Dos días después, Alondra vendría para casa y yo comencé
con la limpieza, que interrumpí a los minutos por el teléfono. Su voz al
teléfono, diciéndome que no iba a poder venir ¡Que estúpida! pensé ¿Cómo podía
dejarme?, había limpiado todo. Me enojé y deshice el orden. Me acosté, tomé la
medicación y me levanté al día siguiente. Ella había ido a casa y se había
asustado por ver unas cosas que rompí. Le expliqué que fue por enojo, pero que
ya estaba bien. Comenzó a decir lo mismo que me dijo unos meses antes cuando
sin querer partí una de las sillas de la cocina “Sabes que no está nada bien,
sabes que me perjudicas con esto, lo sabes”. Le dije que si, si sabia y que me
perdone, pues esa era la única manera de que ella se callara.
―Cuéntame, ¿Te enojaste porque no vine? Sabes cómo son
las cosas aquí, aunque lo niegues ―dijo, y me molesté peor. No se daba cuenta
de nada. ¿Qué sentido tenía ser novios?
Me enojé tanto que agarre su delgado brazo con fuerza,
levanté su dulce cuerpo y la empujé fuera de casa. Del otro lado de la puerta
me dijo algo así como que me calmara, y que vendría no sé cuando. Yo no le dí
atención, no se la merecía.
Ella apareció al otro día y apenas abrió la puerta
soltó un agudo grito que pronunciaba mi nombre. Vidrio, madera, papeles
desparramados por toda la casa.
Salió hasta la vereda e hizo una llamada. Decía algo
así como que no podía más, que ya era suficiente y que necesitaba que la
ayuden. Entró y me dijo que fuera al cuarto por mis pastillas, que era hora de
marchar. Entonces le hice caso, para que no se enoje más, y además me puse
contento, hacía mucho que no paseábamos. Le dí el frasco, ella lo abrió y me
dio una pastilla más de la que debía tomar, pero Alondra era inteligente, asi
que dí por entendido que debía tomarla.
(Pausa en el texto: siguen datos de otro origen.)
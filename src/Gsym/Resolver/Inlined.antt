-- ===== src/Gsym/Resolver/Inlined.antt =====
-- Code information moves up by one layer: each inlined function is reported at its caller's line.
use mathlib.Core.List.{append_assoc}
use blazesym.Common.{ℕ, ◌≡◌, refl, ap, sym, ◌∙◌, Option, none, some, List, [], ◌∷◌, ◌++◌}
use blazesym.Symbolize.{CodeInfo, InlinedFn}
use blazesym.Common.Outcome.{Outcome, ok, ◌>>=◌, >>=-assoc, >>=-cong}
use blazesym.Gsym.Inline.{InlineInfo, inline_info}
use blazesym.Gsym.Parser.{GsymContext}
use blazesym.Gsym.Resolver.{Frames, push_behind, push_frame, push_frames, utf8_str, frame_code_info}

-- A frame as it is read: its name and its call site.
abbrev pub Read : Type 0
Read = List ℕ × Option CodeInfo

-- The loop over the frames, with what was read for each.
abbrev pub push_all : List Read → Frames → Frames
push_all [] frames = frames
push_all ((name, info) ∷ rest) frames = push_all rest (push_frame name info frames)

-- The names in order, each with the call site of the frame behind it, and `last` for the last.
abbrev pub shifted : List Read → (last : Option CodeInfo) → List InlinedFn
shifted [] last = []
shifted ((name, info) ∷ []) last = record { name = name; code_info = last } ∷ []
shifted ((name, info) ∷ (next, call) ∷ rest) last =
    record { name = name; code_info = call } ∷ shifted ((next, call) ∷ rest) last

push_behind-append :
    (front : List InlinedFn) (last : InlinedFn) (name : List ℕ) (info : Option CodeInfo)
    → push_behind (front ++ (last ∷ [])) name info
      ≡ front
        ++ (record last { code_info = info }
            ∷ record { name = name; code_info = last.code_info }
            ∷ [])
unfolding push_behind
push_behind-append [] last name info = refl
push_behind-append (x ∷ []) last name info = refl
push_behind-append (x ∷ y ∷ front) last name info =
    ap (λ (l : List InlinedFn). x ∷ l) (push_behind-append (y ∷ front) last name info)

push_frame-behind :
    (x : InlinedFn) (xs : List InlinedFn) (line_info : CodeInfo) (name : List ℕ)
    (info : Option CodeInfo)
    → push_frame name info (record { inlined = x ∷ xs; line_info = line_info })
      ≡ record { inlined = push_behind (x ∷ xs) name info; line_info = line_info }
unfolding push_frame
push_frame-behind x xs line_info name info = refl

push_frame-append :
    (front : List InlinedFn) (last : InlinedFn) (line_info : CodeInfo) (name : List ℕ)
    (info : Option CodeInfo)
    → push_frame name info (record { inlined = front ++ (last ∷ []); line_info = line_info })
      ≡ record {
        inlined =
            front
            ++ (record last { code_info = info }
                ∷ record { name = name; code_info = last.code_info }
                ∷ []);
        line_info = line_info;
      }
push_frame-append [] last line_info name info =
    push_frame-behind last [] line_info name info
    ∙ ap
        (λ (l : List InlinedFn).
          let f : Frames = record { inlined = l; line_info = line_info } in f)
        (push_behind-append [] last name info)
push_frame-append (x ∷ front) last line_info name info =
    push_frame-behind x (front ++ (last ∷ [])) line_info name info
    ∙ ap
        (λ (l : List InlinedFn).
          let f : Frames = record { inlined = l; line_info = line_info } in f)
        (push_behind-append (x ∷ front) last name info)

-- behind a last frame that still holds what the frames to come pass on
push_all-behind :
    (reads : List Read) (front : List InlinedFn) (name : List ℕ) (held : Option CodeInfo)
    (own : Option CodeInfo) (line_info : CodeInfo)
    → push_all reads (record {
      inlined = front ++ (record { name = name; code_info = held } ∷ []);
      line_info = line_info;
    })
      ≡ record { inlined = front ++ shifted ((name, own) ∷ reads) held; line_info = line_info }
push_all-behind [] front name held own line_info = refl
push_all-behind ((next, call) ∷ rest) front name held own line_info =
    let front' : List InlinedFn = front ++ (record { name = name; code_info = call } ∷ []) in
    ap (push_all rest) (
      push_frame-append front (record { name = name; code_info = held }) line_info next call
      ∙ ap
          (λ (l : List InlinedFn).
            let f : Frames = record { inlined = l; line_info = line_info } in f)
          (sym (append_assoc front (record { name = name; code_info = call } ∷ []) _)))
    ∙ push_all-behind rest front' next held call line_info
    ∙ ap
        (λ (l : List InlinedFn).
          let f : Frames = record { inlined = l; line_info = line_info } in f)
        (append_assoc front (record { name = name; code_info = call } ∷ []) _)

-- What the symbol and its inlined functions get: the symbol the outermost call site, the innermost
-- function the line of the address. A first frame without a call site keeps both as they are.
abbrev pub moved_up : List Read → CodeInfo → Frames
moved_up [] line_info = record { inlined = []; line_info = line_info }
moved_up ((name, none) ∷ rest) line_info = record {
  inlined = shifted ((name, none) ∷ rest) none;
  line_info = line_info;
}
moved_up ((name, some call) ∷ rest) line_info = record {
  inlined = shifted ((name, some call) ∷ rest) (some line_info);
  line_info = call;
}

pub push_all-moved_up :
    (reads : List Read) (line_info : CodeInfo)
    → push_all reads (record { inlined = []; line_info = line_info }) ≡ moved_up reads line_info
unfolding push_frame
push_all-moved_up [] line_info = refl
push_all-moved_up ((name, none) ∷ rest) line_info = push_all-behind rest [] name none none line_info
push_all-moved_up ((name, some call) ∷ rest) line_info =
    push_all-behind rest [] name (some line_info) (some call) call

-- the names and call sites of all frames, or the first error
abbrev pub read_frames : GsymContext → List InlineInfo → Outcome (List Read)
read_frames ctx [] = ok []
read_frames ctx (inline_info name call_file call_line ranges children ∷ rest) = do
  text ← utf8_str ctx name
  info ← frame_code_info ctx call_file call_line
  reads ← read_frames ctx rest
  ok ((text, info) ∷ reads)

push_frames-read_frames :
    (ctx : GsymContext) (stack : List InlineInfo) (frames : Frames)
    → push_frames ctx stack frames ≡ (read_frames ctx stack >>= λ reads. ok (push_all reads frames))
unfolding push_frames
push_frames-read_frames ctx [] frames = refl
push_frames-read_frames ctx (inline_info name file line ranges children ∷ rest) frames =
    let m1 : Outcome (List ℕ) = utf8_str ctx name in
    let m2 : Outcome (Option CodeInfo) = frame_code_info ctx file line in
    let m3 : Outcome (List Read) = read_frames ctx rest in
    let tail : (text : List ℕ) → Outcome (List Read) =
      λ text. m2 >>= λ info. m3 >>= λ reads. ok ((text, info) ∷ reads) in
    let k : List Read → Outcome Frames = λ reads. ok (push_all reads frames) in
    >>=-cong m1 _ (λ text. tail text >>= k)
      (λ text.
        >>=-cong m2 _ (λ info. (m3 >>= λ reads. ok ((text, info) ∷ reads)) >>= k)
          (λ info.
            push_frames-read_frames ctx rest (push_frame text info frames)
            ∙ sym (>>=-assoc m3 (λ reads. ok ((text, info) ∷ reads)) k))
        ∙ sym (>>=-assoc m2 (λ info. m3 >>= λ reads. ok ((text, info) ∷ reads)) k))
    ∙ sym (>>=-assoc m1 tail k)

-- Pushing all frames of an inline stack with the swaps of `fill_code_info` is the same as reading
-- the name and the call site of each, up to the first error, and then moving the code information
-- up by one layer: each inlined function is reported at the call site of the frame behind it and
-- the last at the line of the address, while the symbol gets the call site of the first frame.
-- Where the first frame has no call site, the symbol keeps the line of the address and the last
-- function gets none.
pub push_frames-moved_up :
    (ctx : GsymContext) (stack : List InlineInfo) (line_info : CodeInfo)
    → push_frames ctx stack (record { inlined = []; line_info = line_info })
      ≡ (read_frames ctx stack >>= λ reads. ok (moved_up reads line_info))
push_frames-moved_up ctx stack line_info =
    push_frames-read_frames ctx stack (record { inlined = []; line_info = line_info })
    ∙ >>=-cong (read_frames ctx stack) _ _ (λ reads. ap ok (push_all-moved_up reads line_info))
Después ella se sentó en el sillón e
hizo una seña con la mano para que fuera
a sentarme con ella. No me senté, me recosté en él y apoyé mi cabeza en
sus piernas, me dormí.
Hoy estoy muy solo y Alondra viene a visitarme una vez
a la semana en mi nueva casa. Es una casa grande, grande, todas las paredes
llevan pintura blanca, tiene pasillos largos y hermosos ventanales. Salgo a dar
paseos y a las 9:00 pm me sirven la cena. Me gustaba más calentar la comida que
Alondra me dejaba preparada, pero si Alondra me quiere aquí, me va a tener
aquí. Hay una sola cosa que no soporto de esta linda casa (se lo diré a mi
amada la próxima vez que la vea): Odio que se refieran a mi como “El paciente
de la 202”
Alondra mía o doctora Alondra, como te dicen aquí quisiera
pintar las blancas paredes con tu nombre.
Escrito el 12 de Septiembre del 2015.